The willingness to leave something you love, to go do something that will be
much more profitable, is not so much personal choice as cold-hard economics.

A good example is how a lot of lawyers will do not-for-profit legal work,
because they feel like they are making a difference, and improving the world.
They are making a personal choice to do something that is important for them
(or perhaps they are burned out in the corporate grind).

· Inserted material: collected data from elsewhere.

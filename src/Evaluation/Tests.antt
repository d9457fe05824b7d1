-- ===== src/Evaluation/Tests.antt =====
-- The theorems on evaluation at a small suite.
use prompt_performance_engin.Prelude.{
  ◌≡◌, refl, [], ◌∷◌, String, true, false, none, some, ◌≤◌, All, Bool, arith, count_if, map, ◌<◌,
  str_eq, ◌⊎◌, any, ◌↔◌,
}
use prompt_performance_engin.Evaluation.Case.{EvaluationCase, Error, JudgeDecision}
use prompt_performance_engin.Evaluation.Forbidden.{
  Patterns, scan, contains_unnegated_forbidden, scan_empty_diverges,
  contains_unnegated_forbidden_total,
}
use prompt_performance_engin.Evaluation.HardChecks.{Loading, Host, HardChecks, hard_checks}
use prompt_performance_engin.Evaluation.Run.{
  CaseRecord, Executor, Judge, Execution, evaluate_case, case_record, verdict_of,
}
use prompt_performance_engin.Evaluation.Suite.{
  code_of_evaluation, SuiteResult, suite_result, evaluate_suite, gate_of, gate,
}
use prompt_performance_engin.Prelude.Result.{Result, ok}
use prompt_performance_engin.Evaluation.Judging.{
  loss, win, aggregate_judges, HasWinner, relabel, aggregate_judges-relabel, aggregate_judges_lem,
  prefers_optimized, prefers_original, faults_optimized,
}
use prompt_performance_engin.Prelude.Text.{codes}
use prompt_performance_engin.Prelude.Value.{pos, Value, obj, end}
use prompt_performance_engin.Evaluation.RunLaws.{IsConsistent, evaluate_case-IsConsistent}
use prompt_performance_engin.Checks.CaseChecks.{docker_required}
use prompt_performance_engin.Evaluation.HardLaws.{
  hard_checks_fail_closed, Occurs, IsExcluded, LaterHold, hard_checks_sound,
}
use prompt_performance_engin.Evaluation.SuiteLaws.{Tallies, evaluate_suite-Tallies, gate_passed_lem}
use prompt_performance_engin.Evidence.{infer_evidence, validate, infer_evidence_ceiling}

abbrev World : Type 0
World = Unit {0}

abbrev quiet : Patterns
quiet = record {
  negation = λ t. none;
  reversal = λ t. false;
  reported_request = λ t. false;
  warning_before = λ t. false;
  warning_after = λ t. true;
  rejection_before = λ t. false;
  rejection_after = λ t. false;
}

abbrev host : Host World
host = record {
  casefold = codes;
  load_json = λ s. Loading.loaded;
  patterns = record quiet { warning_after = λ t. false };
  verify = λ v s b. true;
  domain_checks = λ d i o. [];
}

abbrev sample : String → EvaluationCase
sample id = record {
  case_id = id;
  input_text = "Sum the list.";
  rubric = "correct" ∷ [];
  domain = "generic";
  difficulty = "normal";
  tags = [];
  required_substrings = "sum" ∷ [];
  forbidden_substrings = "guess" ∷ [];
  require_json = false;
  max_characters = some (pos 40);
}

-- The output is the prompt itself.
abbrev echo : Executor World
echo = record { execute = λ prompt input w. (ok (Execution.plain (Value.str prompt)), w) }

abbrev prefers_a : JudgeDecision
prefers_a = record {
  winner = Value.str "A";
  reason = Value.str "clearer";
  fatal_flaw_a = Value.bool false;
  fatal_flaw_b = Value.bool false;
  metadata = obj end;
}

abbrev judge_a : Judge World
judge_a = record { name = "first"; judge = λ c a b w. (ok prefers_a, w) }

abbrev checks_of : String → HardChecks
checks_of text = record {
  passed = true;
  checks =
      record { check = "required_substring"; passed = true; authoritative = none }
      ∷ record { check = "forbidden_substring"; passed = true; authoritative = none }
      ∷ record { check = "max_characters"; passed = true; authoritative = none }
      ∷ [];
}

abbrev run_sample : World → Result Error CaseRecord × World
run_sample =
    evaluate_case host (λ s i. 0) echo (judge_a ∷ judge_a ∷ []) (pos 0) none "a sum" "the sum"
      (sample "c1")

-- The record that the sample run leads to.
abbrev sample_record : CaseRecord
sample_record =
    case_record (sample "c1") true "a sum" "the sum" (checks_of "a sum") (checks_of "the sum") (
      verdict_of true (
        record { judge = "first"; decision = prefers_a }
        ∷ record { judge = "first"; decision = prefers_a }
        ∷ []))

sample_runs : run_sample tt ≡ (ok sample_record, tt)
unfolding code_of_evaluation
sample_runs = refl

sample_won : sample_record.outcome ≡ win
unfolding code_of_evaluation
sample_won = refl

evaluate_case-IsConsistent_example :
    IsConsistent ("first" ∷ "first" ∷ []) sample_record
    × (2 ≤ 2)
    × (hard_checks host (sample "c1") "a sum" none ≡ ok sample_record.original_checks)
    × (hard_checks host (sample "c1") "the sum" none ≡ ok sample_record.optimized_checks)
unfolding case_record
evaluate_case-IsConsistent_example =
    evaluate_case-IsConsistent host (λ s i. 0) echo (judge_a ∷ judge_a ∷ []) (pos 0) none "a sum"
      "the sum" (sample "c1") tt tt sample_record sample_runs

two_votes : All HasWinner (prefers_a ∷ prefers_a ∷ [])
two_votes = (refl, (refl, tt))

aggregate_judges-relabel_example :
    aggregate_judges (map relabel (prefers_a ∷ prefers_a ∷ [])) false
    ≡ aggregate_judges (prefers_a ∷ prefers_a ∷ []) true
aggregate_judges-relabel_example =
    aggregate_judges-relabel (prefers_a ∷ prefers_a ∷ []) true two_votes

aggregate_judges_lem_example :
    let wins = count_if (prefers_optimized true) (prefers_a ∷ prefers_a ∷ []) in
    let losses = count_if (prefers_original true) (prefers_a ∷ prefers_a ∷ []) in
    let (outcome, fatal) = aggregate_judges (prefers_a ∷ prefers_a ∷ []) true in
    (fatal ≡ any (faults_optimized true) (prefers_a ∷ prefers_a ∷ []))
    × (fatal ≡ true → outcome ≡ loss)
    × (fatal ≡ false → (outcome ≡ win) ↔ (losses < wins))
    × (fatal ≡ false → (outcome ≡ loss) ↔ (wins < losses))
aggregate_judges_lem_example = aggregate_judges_lem (prefers_a ∷ prefers_a ∷ []) true two_votes

sum_checks : hard_checks host (sample "c1") "the sum" none ≡ ok (checks_of "the sum")
unfolding code_of_evaluation
sum_checks = refl

hard_checks_sound_example :
    All (Occurs host "the sum") ("sum" ∷ [])
    × All (IsExcluded host "the sum") ("guess" ∷ [])
    × LaterHold host (sample "c1") "the sum" none
hard_checks_sound_example =
    hard_checks_sound host (sample "c1") "the sum" none (checks_of "the sum") sum_checks refl

abbrev sandboxed : EvaluationCase
sandboxed = sample "se-normal-cli"

abbrev closed_checks : HardChecks
closed_checks = record {
  passed = false;
  checks =
      record { check = "required_substring"; passed = true; authoritative = none }
      ∷ record { check = "forbidden_substring"; passed = true; authoritative = none }
      ∷ record { check = "max_characters"; passed = true; authoritative = none }
      ∷ record {
        check = "cli_contract_restricted_execution";
        passed = false;
        authoritative = some true;
      }
      ∷ [];
}

sandboxed_checks : hard_checks host sandboxed "the sum" none ≡ ok closed_checks
unfolding code_of_evaluation
sandboxed_checks = refl

needs_docker : docker_required "se-normal-cli" ≡ true
unfolding code_of_evaluation docker_required
needs_docker = refl

hard_checks_fail_closed_example : closed_checks.passed ≡ false
hard_checks_fail_closed_example =
    hard_checks_fail_closed host sandboxed "the sum" closed_checks needs_docker sandboxed_checks

contains_unnegated_forbidden_total_example :
    (b : Bool) × (contains_unnegated_forbidden quiet (codes "a guess") (codes "guess") ≡ some b)
contains_unnegated_forbidden_total_example =
    contains_unnegated_forbidden_total quiet (codes "a guess") (codes "guess") (omega arith)

scan_empty_diverges_example : scan quiet (codes "risk") [] 1000 0 ≡ none
scan_empty_diverges_example = scan_empty_diverges quiet (codes "risk") 1000 refl refl

abbrev suite_of_one : World → Result Error SuiteResult × World
suite_of_one =
    evaluate_suite host (λ s i. 0) echo (judge_a ∷ judge_a ∷ []) (pos 0) none "suite" "a sum"
      "the sum" (sample "c1" ∷ [])

suite_runs : suite_of_one tt ≡ (ok (suite_result "suite" (sample_record ∷ [])), tt)
unfolding code_of_evaluation
suite_runs = refl

evaluate_suite-Tallies_example :
    Tallies 1 ("first" ∷ "first" ∷ []) (suite_result "suite" (sample_record ∷ []))
evaluate_suite-Tallies_example =
    evaluate_suite-Tallies host (λ s i. 0) echo (judge_a ∷ judge_a ∷ []) (pos 0) none "suite"
      "a sum" "the sum" (sample "c1" ∷ []) tt tt (suite_result "suite" (sample_record ∷ []))
      suite_runs

gate_passed_lem_example :
    let rs = sample_record ∷ sample_record ∷ sample_record ∷ sample_record ∷ sample_record ∷ [] in
    let s = suite_result "suite" rs in
    (s.gate_passed ≡ true
      → All (λ r. r.optimized_checks.passed ≡ true) s.records
        × (5 ≤ s.case_count)
        × (s.losses < s.wins)
        × (s.critical_regressions ≡ 0)
        × (s.fatal_flaws ≡ 0))
    × (str_eq s.evidence.level "E2" ≡ s.gate_passed)
    × (str_eq s.evidence.status "verified_scoped" ≡ s.gate_passed)
    × (validate s.evidence ≡ ok tt)
gate_passed_lem_example =
    gate_passed_lem "suite"
      (sample_record ∷ sample_record ∷ sample_record ∷ sample_record ∷ sample_record ∷ [])

five_wins :
    (suite_result "suite" (
      sample_record ∷ sample_record ∷ sample_record ∷ sample_record ∷ sample_record
      ∷ [])).gate_passed
    ≡ true
unfolding code_of_evaluation suite_result gate_of gate
five_wins = refl

infer_evidence_ceiling_example :
    let e = infer_evidence true 5 true true 9 true in
    (validate e ≡ ok tt)
    × ((e.level ≡ "E0") ⊎ (e.level ≡ "E1") ⊎ (e.level ≡ "E2"))
    × (str_eq e.level "E2" ≡ true)
    × (str_eq e.status "verified_scoped" ≡ true)
    × (e ≡ infer_evidence true 5 true false 0 false)
infer_evidence_ceiling_example = infer_evidence_ceiling true true true true 5 9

I've also seen lawyers leave the organizations that they love, because they
also realize they need to make a lot of money - usually to pay off ludicrous
college loans - but also just to leverage their position for some period of
time.

At the end of the day, every decision is "personal" - but I think there is a
difference between the emotive, "I chose to do this because I love doing it"
verus the colder, "I chose to do this because it maximizes the risk-adjusted
net-present-value of future earnings."

------
diego
Slightly tangential, but I signed up for Medium five months ago and I still
can't post. At this point Medium has a negative connotation in my mind, just
like Svbtle.

------
lazyjones
Perhaps these are the main reasons for hot shot startups and anything else
that goes on in Silicon Valley, but the average small/medium-sized company
might want to sell at some point due to the sentiment that the buyer can do a
better job at running the company or has some required resources that are
unobtainable (money, personnel) for the seller. Not a "personal" choice, but a
strategic sale for the future of the company and its employees.

------
AznHisoka
I think many people would love to be in a position where this question is
applicable to them. For the very few, the answer is: when someone wants or
offers to buy your company.

It's sort of like asking "How do you become a supermodel?"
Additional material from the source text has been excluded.